The consumption of fizzy soft drinks, falling in America since 2005, declined in 2012 to its lowest level in 18 years. According to an annual report by Beverage Digest, a respected trade publication, the falling consumption of fizzy soft drinks had a negative impact on soft drink sales. The Coca-Cola Company (NYSE:KO)’s sales tumbled by 1%; PepsiCo, Inc. (NYSE:PEP) slipped 2.5%; while Dr Pepper Snapple Group Inc. (NYSE:DPS) dropped 0.5%. The situation would have been worse if it weren’t for energy drinks such as Monster and Red Bull.
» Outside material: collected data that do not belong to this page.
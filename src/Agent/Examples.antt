-- ===== src/Agent/Examples.antt =====
-- Runs of the node agent on an engine that accepts every module, and the tests of
-- crates/wasmatrix-agent/src/lib.rs on the restart policy.
use wasmatrix.Prelude.{
  ℕ, List, [], ◌∷◌, ◌≡◌, refl, some, none, arith, ok, ◌*◌, min, ◌==◌, ◌&&◌, is_ok, if◌then◌else◌,
}
use wasmatrix.HashMap
use wasmatrix.Core.Types.{RestartPolicy, running, stopped, crashed}
use wasmatrix.Core.Wasm.{lacks_magic}
use wasmatrix.Agent.Restart.{CrashInfo, calculate_backoff, should_restart, new_crash_info}
use wasmatrix.Agent.Restart.Backoff.{factor}
use wasmatrix.Agent.Restart.Decision.{on_failure_with, crash_all, should_restart-after_crashes}
use wasmatrix.Agent.Node.{
  Engine, InstanceHandle, NodeAgent, new_agent, launch, start_instance_local, stop_instance_local,
  on_instance_crash, restart_instance, get_instance_status,
}
use wasmatrix.Agent.Node.Operations.{restart_instance-exact, outcome_of, relaunch}
use wasmatrix.Agent.Node.Local.{local_operations-exact, IsStartedLocal, IsStoppedLocal}
use wasmatrix.Agent.Node.Runs.{Call, starts, crashes, restarts, step, run, on_instance_crash-run}
use wasmatrix.Agent.Node.Soundness.{IsSound, run-IsSound}

abbrev crashed_times : ℕ → CrashInfo
crashed_times n = record { crash_count = n; last_crash_time = some 7 }

-- the delays of `test_crash_info_backoff_calculation`
backoff_test :
    (calculate_backoff (crashed_times 1) 5 ≡ 5) × (calculate_backoff (crashed_times 10) 5 ≡ 300)
unfolding calculate_backoff
backoff_test = (refl, refl)

should_restart-after_crashes_example :
    should_restart (on_failure_with (some 3) none) (crash_all (1 ∷ 2 ∷ []) new_crash_info)
    ≡ some (min (5 * factor 2) 300)
should_restart-after_crashes_example =
    should_restart-after_crashes (1 ∷ 2 ∷ []) (some 3) none (omega arith) (omega arith)

abbrev accepting : Engine
accepting = record {
  Module = List ℕ;
  Store = ℕ;
  Instance = List ℕ;
  compile = λ now bytes. ok bytes;
  new_store = 0;
  instantiate = λ now store wasm. ok (wasm, store);
}

abbrev bytes : List ℕ
bytes = 0 ∷ 97 ∷ 115 ∷ 109 ∷ 1 ∷ 0 ∷ 0 ∷ 0 ∷ []

abbrev policy : RestartPolicy
policy = on_failure_with (some 3) (some 5)

abbrev calls : List (ℕ × Call)
calls =
    (1, starts "a" bytes [] policy)
    ∷ (2, crashes "a" "trap")
    ∷ (3, restarts "a")
    ∷ (4, crashes "b" "trap")
    ∷ []

abbrev handle : InstanceHandle accepting
handle = record {
  instance_id = "a";
  store = 0;
  instance_of = bytes;
  module_bytes = bytes;
  capabilities = [];
  restart_policy = policy;
}

abbrev agent : NodeAgent accepting
agent = run accepting (new_agent accepting "node-1") calls

agent_runs : HashMap.get agent.instances "a" ≡ some handle
unfolding run start_instance_local launch lacks_magic on_instance_crash restart_instance HashMap.get
    step HashMap.insert HashMap.empty HashMap.remove
agent_runs = refl

restart_instance-exact_example :
    (restart_instance accepting 9 agent "a").0 ≡ outcome_of (relaunch accepting agent 9 "a" handle)
restart_instance-exact_example = (restart_instance-exact accepting agent 9 "a" handle agent_runs).0

local_operations-exact_example :
    IsStartedLocal accepting agent 9 "a"
      (launch accepting 9 "a" bytes [] policy)
      (start_instance_local accepting 9 agent "a" bytes [] policy)
    × IsStoppedLocal accepting agent 9 "a"
        (HashMap.contains_key agent.instances "a")
        (stop_instance_local accepting 9 agent "a")
    × (get_instance_status accepting
          (start_instance_local accepting 9 agent "a" bytes [] policy).1
          "a"
        ≡ (if ("a" == "a") && is_ok (launch accepting 9 "a" bytes [] policy)
            then if HashMap.contains_key agent.crashed_instances "a" then crashed else running
            else get_instance_status accepting agent "a"))
    × (get_instance_status accepting (stop_instance_local accepting 9 agent "a").1 "a" ≡ (
        if ("a" == "a") && HashMap.contains_key agent.instances "a"
        then stopped
        else get_instance_status accepting agent "a"))
local_operations-exact_example = local_operations-exact accepting agent 9 "a" bytes [] policy "a"

on_instance_crash-run_example :
    (on_instance_crash accepting 9 agent "a" "trap").0 ≡ some (min (5 * factor 2) 300)
on_instance_crash-run_example =
    on_instance_crash-run accepting "node-1" calls "a" "trap" 9 handle (some 3) (some 5)
      (omega arith) (omega arith) agent_runs refl

run-IsSound_example : IsSound accepting agent
run-IsSound_example = run-IsSound accepting "node-1" calls
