-- ===== src/Core/Errors.antt =====
-- The text of `CoreError`, its derived `Display`, of crates/wasmatrix-core/src/lib.rs.
use wasmatrix.Prelude.{String, ◌<>◌}
use wasmatrix.Core.Types.{
  CoreError, invalid_instance_id, invalid_capability_assignment, serialization_error,
  wasm_runtime_error, resource_exhausted, timeout, crash_detected, restart_policy_violation,
}

unfoldable pub display : CoreError → String
display (invalid_instance_id s) = "Invalid instance ID: " <> s
display (invalid_capability_assignment s) = "Invalid capability assignment: " <> s
display (serialization_error s) = "Serialization error: " <> s
display (wasm_runtime_error s) = "Wasm runtime error: " <> s
display (resource_exhausted s) = "Resource exhaustion: " <> s
display (timeout s) = "Timeout: " <> s
display (crash_detected s) = "Crash detected: " <> s
display (restart_policy_violation s) = "Restart policy violation: " <> s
The soda industry is losing the fizz
A permanent decline in U.S. soda revenues represents a huge problem. Soda represents nearly 25% of the U.S. beverage market. Its sale has strengthened profit margins for many years. What are the other underlying factors beneath this market movement? Analysts say some of the loss is coming as consumers look for healthier options. For example, migration to bottled water has become stronger since 2011. The quantity of water sold by Nestle Pure Life brand increased by 2.3%. Aquafina, a PepsiCo, Inc. (NYSE:PEP) product, increased sales by 1% over the past year. Additionally, analysts say baby boomers are aging along with their preference for the drinks they take.
However, the change hasn’t deterred the biggest drink makers. Coke, with a market share of 17%, remains the market leader. Diet Coke is second with 9.4%, while Pepsi-Cola is No. 3 with an 8.9% market share. Dr. Pepper is the fifth largest seller, having 6.5% of the market.
Quenching their market thirst
Responding to the fall in the consumption of fizzy soft drinks, the companies have all expanded their products to include sports drinks and fruit juices. Generally, they are working to develop healthy and pleasant sweeteners that mimic the taste of the original sodas. In addition, Coke acquired coconut water brand Zico in 2012 and purchased a stake in the maker of Core Power, a workout recovery shake. It also began television ads to counter concerns about obesity and moves by officials to restrict sales. The ads argue that soda shouldn’t be singled out for weight gain. It has also started testing low-calorie versions of Sprite and Fanta in some markets in the US .
Vying for the soda market
PepsiCo, Inc. (NYSE:PEP) is experimenting with sweeteners and says it is 90% close to a breakthrough. Not long ago, it changed the formula of its zero-calorie Diet Pepsi to strengthen its shelf life. Dr Pepper Snapple Group Inc. (NYSE:DPS) has launched versions of some sodas this year, following the roll out of a low-calorie version of Dr Pepper last year. So which of the companies should investors put their money in?
Who is bigger and better with what?
Pepsi has the biggest revenue, meaning its experimentation with sweeteners and other initiatives to cope with the fall in soda revenues is succeeding. It has also been helped by an increase in its brand investment, innovation, and aggressive marketplace execution. If this continues, Pepsi will gain more market share to the detriment of its rivals. Coke and Dr. Pepper have also been aggressive, but their pace has not been enough, which explains why they lag behind.
That’s 2-0-0 with Pepsi having the greatest EPS, indicating that it has translated its large revenue to considerable payment to shareholders. It has been able to achieve this through a combination of share repurchases and dividends. Coke used to have a bigger EPS, but Pepsi’s performance means it will attract more investment in future. Coke has higher revenues than Dr. Pepper, but it pays less earnings, coming last in this category. This could hamper investment in the company in the near future, as shareholders doubt its ability to compete with its rivals.